Within the listing below, show every line that contains the word "host".
◇ ◇ ◇ ◇ ◇ ◇ ◇
-- ===== src/Writer/Headers.antt =====
-- A header chain from `write_blocks` and `write_blocks_and_add_to_merkle_tree` to the circuit.
pub mod Added
pub mod Trees
use clementine_citeria.Common.{
  ℕ, zero, suc, ◌+◌, ◌-◌, ◌%◌, ◌^◌, ◌<◌, ◌≤◌, ◌≡◌, refl, ap, sym, ◌∙◌, arith, List, [], ◌∷◌, ◌++◌,
  length, All, some, none, Option, >>=-eq-some, some-eq,
}
use clementine_citeria.Common.Bytes.{Bytes, IsHash}
use clementine_citeria.Common.Words.{to_le_bytes}
use clementine_citeria.Hash.{Crypto, double_sha256_hash}
use clementine_citeria.Env.{Environment, Prog, pure, lift, ◌>>=◌, bind-run, for_range, for_each}
use clementine_citeria.Env.Tape.{
  Item, bytes32, u32, i32, IsTape, Reads, Writes, Reads-pure, Reads-bind, Reads-bind-nil,
  Reads-then-pure, Reads-32bytes, Reads-u32, Reads-i32, Writes-then, Writes-32bytes, Writes-u32,
  Writes-i32, Writes-for_each, Reads-Writes, items_all,
}
use clementine_citeria.Bitcoin.{Header, IsHeader, BitcoinCrate}
use clementine_citeria.Circuit.Work.{validate_threshold_and_add_work}
use clementine_citeria.Circuit.Blocks.{
  HeaderWithoutPrevBlockHash, Chain, calculate_next_block_hash, read_header_except_prev_blockhash,
  read_header_except_root_and_calculate_blockhash, read_block, read_blocks_and_calculate_work,
}
use clementine_citeria.Writer.Chain.{
  without_prev, Linked, last_hash, chain_work, next_block_hash-linked,
}
use clementine_citeria.Writer.{
  write_block_header_without_prev, write_block_header_without_mt_root, write_blocks,
}

abbrev pub header_items : Header → List Item
header_items h = i32 h.version ∷ bytes32 h.merkle_root ∷ u32 h.time ∷ u32 h.bits ∷ u32 h.nonce ∷ []

abbrev pub header_without_root_items : Header → List Item
header_without_root_items h =
    i32 h.version ∷ bytes32 h.prev_blockhash ∷ u32 h.time ∷ u32 h.bits ∷ u32 h.nonce ∷ []

module _ ⦃e : Environment⦄ ⦃i : IsTape e⦄ where
  pub Writes-header :
      (h : Header) → IsHeader h → Writes (write_block_header_without_prev h) (header_items h)
  unfolding write_block_header_without_prev
  Writes-header h _ =
      Writes-then (e.write_i32 h.version) _ (i32 h.version ∷ []) _ (Writes-i32 h.version) (
        Writes-then (e.write_32bytes h.merkle_root) _ (bytes32 h.merkle_root ∷ []) _
          (Writes-32bytes h.merkle_root)
          (Writes-then (e.write_u32 h.time) _ (u32 h.time ∷ []) _ (Writes-u32 h.time) (
            Writes-then (e.write_u32 h.bits) _ (u32 h.bits ∷ []) _ (Writes-u32 h.bits)
              (Writes-u32 h.nonce))))

  pub Writes-header_without_root :
      (h : Header) → Writes (write_block_header_without_mt_root h) (header_without_root_items h)
  unfolding write_block_header_without_mt_root
  Writes-header_without_root h =
      Writes-then (e.write_i32 h.version) _ (i32 h.version ∷ []) _ (Writes-i32 h.version) (
        Writes-then (e.write_32bytes h.prev_blockhash) _ (bytes32 h.prev_blockhash ∷ []) _
          (Writes-32bytes h.prev_blockhash)
          (Writes-then (e.write_u32 h.time) _ (u32 h.time ∷ []) _ (Writes-u32 h.time) (
            Writes-then (e.write_u32 h.bits) _ (u32 h.bits ∷ []) _ (Writes-u32 h.bits)
              (Writes-u32 h.nonce))))

module _ ⦃c : Crypto⦄ ⦃e : Environment⦄ ⦃i : IsTape e⦄ where
  pub Reads-header :
      (h : Header)
      → IsHeader h
      → Reads read_header_except_prev_blockhash (header_items h) (without_prev h)
  unfolding read_header_except_prev_blockhash
  Reads-header h r =
      Reads-bind e.read_i32 _ (i32 h.version ∷ []) _ h.version _ (Reads-i32 h.version r.version_i32)
        (Reads-bind e.read_32bytes _ (bytes32 h.merkle_root ∷ []) _ h.merkle_root _
          (Reads-32bytes h.merkle_root r.merkle_root_hash)
          (Reads-bind e.read_u32 _ (u32 h.time ∷ []) _ h.time _ (Reads-u32 h.time r.time_u32) (
            Reads-bind e.read_u32 _ (u32 h.bits ∷ []) _ h.bits _ (Reads-u32 h.bits r.bits_u32) (
              Reads-bind e.read_u32 _ (u32 h.nonce ∷ []) _ h.nonce _ (Reads-u32 h.nonce r.nonce_u32)
                (Reads-pure _)))))

module _ ⦃c : Crypto⦄ ⦃e : Environment⦄ ⦃i : IsTape e⦄ ⦃b : BitcoinCrate⦄ where
  pub Reads-header_root :
      (h : Header)
      → IsHeader h
      → Reads
          (read_header_except_root_and_calculate_blockhash h.merkle_root)
          (header_without_root_items h)
          (b.block_hash h)
  unfolding read_header_except_root_and_calculate_blockhash
  Reads-header_root h r = rw (b.block_hash_encoding h) (
      Reads-bind e.read_i32 _ (i32 h.version ∷ []) _ h.version _ (Reads-i32 h.version r.version_i32)
        (Reads-bind e.read_32bytes _ (bytes32 h.prev_blockhash ∷ []) _ h.prev_blockhash _
          (Reads-32bytes h.prev_blockhash r.prev_blockhash_hash)
          (Reads-bind e.read_u32 _ (u32 h.time ∷ []) _ h.time _ (Reads-u32 h.time r.time_u32) (
            Reads-bind e.read_u32 _ (u32 h.bits ∷ []) _ h.bits _ (Reads-u32 h.bits r.bits_u32) (
              Reads-bind e.read_u32 _ (u32 h.nonce ∷ []) _ h.nonce _ (Reads-u32 h.nonce r.nonce_u32)
                (Reads-pure _))))))

  -- The circuit computes the block's hash from the header that the host wrote without its Merkle
  -- root and from that root.
  pub read_header-write_header :
      (h : Header) (past : List Item)
      → IsHeader h
      → (write_block_header_without_mt_root h >>= λ _.
            read_header_except_root_and_calculate_blockhash h.merkle_root)
          (i.tape past [])
        ≡ some (b.block_hash h, i.tape (past ++ header_without_root_items h) [])
  read_header-write_header h past r =
      Reads-Writes (write_block_header_without_mt_root h)
        (read_header_except_root_and_calculate_blockhash h.merkle_root)
        (header_without_root_items h) (b.block_hash h) (Writes-header_without_root h)
        (Reads-header_root h r) past

  Reads-block :
      (k : ℕ) (s : Chain) (h : Header) (work : ℕ)
      → IsHeader h
      → h.prev_blockhash ≡ s.curr_prev_block_hash
      → validate_threshold_and_add_work (to_le_bytes 4 h.bits) (b.block_hash h) s.total_work
        ≡ some work
      → Reads
          (read_block k s)
          (header_items h)
          (record { total_work = work; curr_prev_block_hash = b.block_hash h })
  unfolding read_block
  Reads-block k s h work r linked valid =
      Reads-bind-nil read_header_except_prev_blockhash _ (header_items h) (without_prev h) _
        (Reads-header h r)
        (rw (next_block_hash-linked s.curr_prev_block_hash h linked, valid)
          (Reads-bind (pure work) _ [] [] work _ (Reads-pure work) (Reads-pure _)))

  Reads-blocks :
      (hs : List Header) (k : ℕ) (s : Chain) (work : ℕ)
      → All IsHeader hs
      → Linked s.curr_prev_block_hash hs
      → chain_work hs s.total_work ≡ some work
      → Reads
          (for_range (length hs) k read_block s)
          (items_all header_items hs)
          (record { total_work = work; curr_prev_block_hash = last_hash s.curr_prev_block_hash hs })
  unfolding for_range chain_work last_hash
  Reads-blocks [] k s work r linked valid = rw (← some-eq valid) (Reads-pure s)
  Reads-blocks (h ∷ hs) k s work (rh, r) (lh, linked) valid =
      let (work', valid_h, valid') =
        >>=-eq-some
          (validate_threshold_and_add_work (to_le_bytes 4 h.bits) (b.block_hash h) s.total_work) _
          valid in
      Reads-bind (read_block k s) (for_range (length hs) (suc k) read_block) (header_items h)
        (items_all header_items hs) _ _ (Reads-block k s h work' rh lh valid_h)
        (Reads-blocks hs (suc k)
          (record { total_work = work'; curr_prev_block_hash = b.block_hash h }) work r linked
          valid')

  -- The circuit reads from the headers that the host wrote the work of the chain: the chain follows
  -- the block that the circuit starts from, and each header's proof of work is valid.
  pub read_blocks-write_blocks :
      (hs : List Header) (start : Bytes) (work : ℕ) (past : List Item)
      → All IsHeader hs
      → length hs < 2 ^ 32
      → Linked start hs
      → chain_work hs 0 ≡ some work
      → (write_blocks hs >>= λ _. read_blocks_and_calculate_work start) (i.tape past [])
        ≡ some (work, i.tape (past ++ u32 (length hs) ∷ items_all header_items hs) [])
  unfolding write_blocks read_blocks_and_calculate_work
  read_blocks-write_blocks hs start work past r small linked valid =
      let same : length hs % 2 ^ 32 ≡ length hs = omega arith in
      rw same (
        Reads-Writes _ _ (u32 (length hs) ∷ items_all header_items hs) work
          (Writes-then (e.write_u32 (length hs)) _ (u32 (length hs) ∷ []) _ (Writes-u32 (length hs))
            (Writes-for_each write_block_header_without_prev header_items IsHeader Writes-header hs
              r))
          (Reads-bind e.read_u32 _ (u32 (length hs) ∷ []) _ (length hs) _
            (Reads-u32 (length hs) small)
            (Reads-then-pure
              (for_range (length hs) 0 read_block
                (record { total_work = 0; curr_prev_block_hash = start }))
              (items_all header_items hs) (λ s. s.total_work) _
              (Reads-blocks hs 0 (record { total_work = 0; curr_prev_block_hash = start }) work r
                linked valid)))
          past)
◇ ◇ ◇ ◇ ◇ ◇ ◇
▶ Output of the exercise:
  -- The circuit computes the block's hash from the header that the host wrote without its Merkle
  -- The circuit reads from the headers that the host wrote the work of the chain: the chain follows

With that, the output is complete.